[Saved data entries]
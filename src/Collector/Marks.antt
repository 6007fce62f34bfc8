-- ===== src/Collector/Marks.antt =====
-- What the marking functions of src/common/memory.cc do to the marks and to the gray stack.
use mathlib.Core.Logic.{⊎_elim}
use mathlib.Core.List.{Memᴰ}
use mathlib.Core.List.Memᴰ
use yscript.Prelude.{
  ℕ, zero, suc, ◌<◌, ◌≡◌, ◌≢◌, ◌⊎◌, inl, inr, refl, sym, ◌∙◌, List, [], ◌∷◌, ◌++◌, Bool, true,
  false, Option, none, some, arith, length, length-set, get_elem?, set, get_elem?-set_self,
  get_elem?-set_ne, get_elem?-lt, take,
}
use package.native.Mathlib.Decide.{ℕ_discrete}
use yscript.Value.{Ptr, Value, obj, bool, nil, number, Entry, Table}
use yscript.Memory.{
  Obj, bound_method, class, closure, function, instance_of, native, string, upvalue,
}
use yscript.Interp.{CallFrame}
use yscript.Collector.{
  Collector, mark_object, mark_value, mark_values, mark_array, mark_entries, mark_table,
  mark_objects, blacken_object, mark_stack, mark_frames, mark_compiler_roots,
}
use yscript.Collector.Effect.{
  option_refs, value_refs, values_refs, entries_refs, options_refs, refs, IsMarked, Marks,
  Marks-none, Marks-append, unmarked-set,
}

-- The three cases of `markObject` at an address.
module _ (c : Collector) (p : Ptr) where
  mark_object-marked : IsMarked c p ⊎ (get_elem? c.marks p ≡ none) → mark_object (some p) c ≡ c
  unfolding mark_object
  mark_object-marked (inl m) = simp (mark_object, m)
  mark_object-marked (inr m) = simp (mark_object, m)

  mark_object-white :
      get_elem? c.marks p ≡ some false
      → mark_object (some p) c ≡ record c { marks = set c.marks p true; gray = p ∷ c.gray }
  unfolding mark_object
  mark_object-white m = simp (mark_object, m)

  Marks-marked : IsMarked c p ⊎ (get_elem? c.marks p ≡ none) → Marks (p ∷ []) c c
  Marks-marked m = record {
    same_vm = refl;
    same_objects = refl;
    same_freed = refl;
    same_length = refl;
    kept = λ q m. m;
    reached = λ q here h.
        let e : q ≡ p = Memᴰ.eq_of_singleton here in
        ⊎_elim (λ l. rw e l) (λ r. absurd (ne_none c.marks p (omega arith) r)) m;
    only = λ q m. inl m;
    grays = λ q m. inl m;
    gray_kept = λ q m. m;
    gray_only = λ q m. inl m;
    count = refl;
  }
    where
      ne_none : (marks : List Bool) (i : ℕ) → i < length marks → get_elem? marks i ≢ none
      ne_none [] i h e = absurd (omega arith)
      ne_none (x ∷ xs) zero h e = cc e
      ne_none (x ∷ xs) (suc i) h e = ne_none xs i (omega arith) e

  Marks-white :
      get_elem? c.marks p ≡ some false
      → Marks (p ∷ []) c (record c { marks = set c.marks p true; gray = p ∷ c.gray })
  Marks-white m =
      let lt = get_elem?-lt c.marks p m in
      let here : get_elem? (set c.marks p true) p ≡ some true =
        get_elem?-set_self c.marks p true lt in
      let there : (q : Ptr) → q ≢ p → get_elem? (set c.marks p true) q ≡ get_elem? c.marks q =
        λ q apart. get_elem?-set_ne c.marks true (λ e. apart (sym e)) in
      record {
        same_vm = refl;
        same_objects = refl;
        same_freed = refl;
        same_length = length-set c.marks p true;
        kept = λ q k. elim (ℕ_discrete q p) [ yes e ↦ rw e here | no apart ↦ there q apart ∙ k ];
        reached = λ q k h. let e : q ≡ p = Memᴰ.eq_of_singleton k in rw e here;
        only = λ q k. elim (ℕ_discrete q p) [
          | yes e ↦ inr (Memᴰ.head e)
          | no apart ↦ inl (sym (there q apart) ∙ k)
        ];
        grays = λ q k. elim (ℕ_discrete q p) [
          | yes e ↦ inr (Memᴰ.head e)
          | no apart ↦ inl (sym (there q apart) ∙ k)
        ];
        gray_kept = λ q k. Memᴰ.tail k;
        gray_only = λ q k. ⊎_elim (λ e. inr (rw e here)) inl (Memᴰ.cases_cons k);
        count = omega (arith, unmarked-set c.marks p m);
      }

pub mark_object-Marks : (o : Option Ptr) (c : Collector) → Marks (option_refs o) c (mark_object o c)
unfolding mark_object
mark_object-Marks none c = Marks-none c
mark_object-Marks (some p) c = elim (marks-cases (get_elem? c.marks p)) [
  | inl old ↦ rw (mark_object-marked c p old) (Marks-marked c p old)
  | inr white ↦ rw (mark_object-white c p white) (Marks-white c p white)
]
  where
    marks-cases : (o : Option Bool) → ((o ≡ some true) ⊎ (o ≡ none)) ⊎ (o ≡ some false)
    marks-cases none = inl (inr refl)
    marks-cases (some true) = inl (inl refl)
    marks-cases (some false) = inr refl

mark_value-Marks : (v : Value) (c : Collector) → Marks (value_refs v) c (mark_value v c)
unfolding mark_value
mark_value-Marks (obj p) c = mark_object-Marks (some p) c
mark_value-Marks (bool _) c = Marks-none c
mark_value-Marks nil c = Marks-none c
mark_value-Marks (number _) c = Marks-none c

mark_values-Marks : (vs : List Value) (c : Collector) → Marks (values_refs vs) c (mark_values vs c)
unfolding mark_values
mark_values-Marks [] c = Marks-none c
mark_values-Marks (v ∷ vs) c =
    Marks-append (mark_value-Marks v c) (mark_values-Marks vs (mark_value v c))

mark_entries-Marks :
    (es : List Entry) (c : Collector) → Marks (entries_refs es) c (mark_entries es c)
unfolding mark_entries
mark_entries-Marks [] c = Marks-none c
mark_entries-Marks (e ∷ es) c =
    Marks-append
      (Marks-append (mark_object-Marks e.key c) (mark_value-Marks e.value (mark_object e.key c)))
      (mark_entries-Marks es (mark_value e.value (mark_object e.key c)))

mark_objects-Marks :
    (os : List (Option Ptr)) (c : Collector) → Marks (options_refs os) c (mark_objects os c)
unfolding mark_objects
mark_objects-Marks [] c = Marks-none c
mark_objects-Marks (o ∷ os) c =
    Marks-append (mark_object-Marks o c) (mark_objects-Marks os (mark_object o c))

-- Blackening an object marks the addresses that it holds.
pub blacken_object-Marks : (o : Obj) (c : Collector) → Marks (refs o) c (blacken_object o c)
unfolding blacken_object mark_array mark_table
blacken_object-Marks (bound_method receiver method) c =
    Marks-append (mark_value-Marks receiver c)
      (mark_object-Marks (some method) (mark_value receiver c))
blacken_object-Marks (class name methods) c =
    Marks-append (mark_object-Marks (some name) c)
      (mark_entries-Marks methods.entries (mark_object (some name) c))
blacken_object-Marks (closure f upvalues) c =
    Marks-append (mark_object-Marks (some f) c)
      (mark_objects-Marks upvalues (mark_object (some f) c))
blacken_object-Marks (function f) c = Marks-append (mark_object-Marks f.name c) (
    mark_values-Marks (take f.chunk.constants.count f.chunk.constants.values)
      (mark_object f.name c))
blacken_object-Marks (instance_of klass fields) c =
    Marks-append (mark_object-Marks (some klass) c)
      (mark_entries-Marks fields.entries (mark_object (some klass) c))
blacken_object-Marks (native _) c = Marks-none c
blacken_object-Marks (string _) c = Marks-none c
blacken_object-Marks (upvalue _ closed _) c = mark_value-Marks closed c

abbrev pub stack_refs : List Value → List Ptr
stack_refs [] = []
stack_refs (v ∷ below) = stack_refs below ++ value_refs v

abbrev pub frames_refs : List CallFrame → List Ptr
frames_refs [] = []
frames_refs (f ∷ below) = frames_refs below ++ f.closure ∷ []

pub mark_stack-Marks : (vs : List Value) (c : Collector) → Marks (stack_refs vs) c (mark_stack vs c)
unfolding mark_stack
mark_stack-Marks [] c = Marks-none c
mark_stack-Marks (v ∷ vs) c =
    Marks-append (mark_stack-Marks vs c) (mark_value-Marks v (mark_stack vs c))

pub mark_frames-Marks :
    (fs : List CallFrame) (c : Collector) → Marks (frames_refs fs) c (mark_frames fs c)
unfolding mark_frames
mark_frames-Marks [] c = Marks-none c
mark_frames-Marks (f ∷ fs) c =
    Marks-append (mark_frames-Marks fs c) (mark_object-Marks (some f.closure) (mark_frames fs c))

pub mark_compiler_roots-Marks :
    (fs : List Ptr) (c : Collector) → Marks fs c (mark_compiler_roots fs c)
unfolding mark_compiler_roots
mark_compiler_roots-Marks [] c = Marks-none c
mark_compiler_roots-Marks (f ∷ fs) c =
    Marks-append (mark_object-Marks (some f) c)
      (mark_compiler_roots-Marks fs (mark_object (some f) c))

pub mark_table-Marks :
    (t : Table) (c : Collector) → Marks (entries_refs t.entries) c (mark_table t c)
unfolding mark_table
mark_table-Marks t c = mark_entries-Marks t.entries c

• _Aim of the exercise_
Look above for the line with "gray_kept = λ q k. Memᴰ.tail k;" and the line with "mark_object-Marks none c = Marks-none c"; transcribe both and all lines in between, exactly, and nothing else.

• _Answer for this exercise_
        gray_kept = λ q k. Memᴰ.tail k;
        gray_only = λ q k. ⊎_elim (λ e. inr (rw e here)) inl (Memᴰ.cases_cons k);
        count = omega (arith, unmarked-set c.marks p m);
      }

pub mark_object-Marks : (o : Option Ptr) (c : Collector) → Marks (option_refs o) c (mark_object o c)
unfolding mark_object
mark_object-Marks none c = Marks-none c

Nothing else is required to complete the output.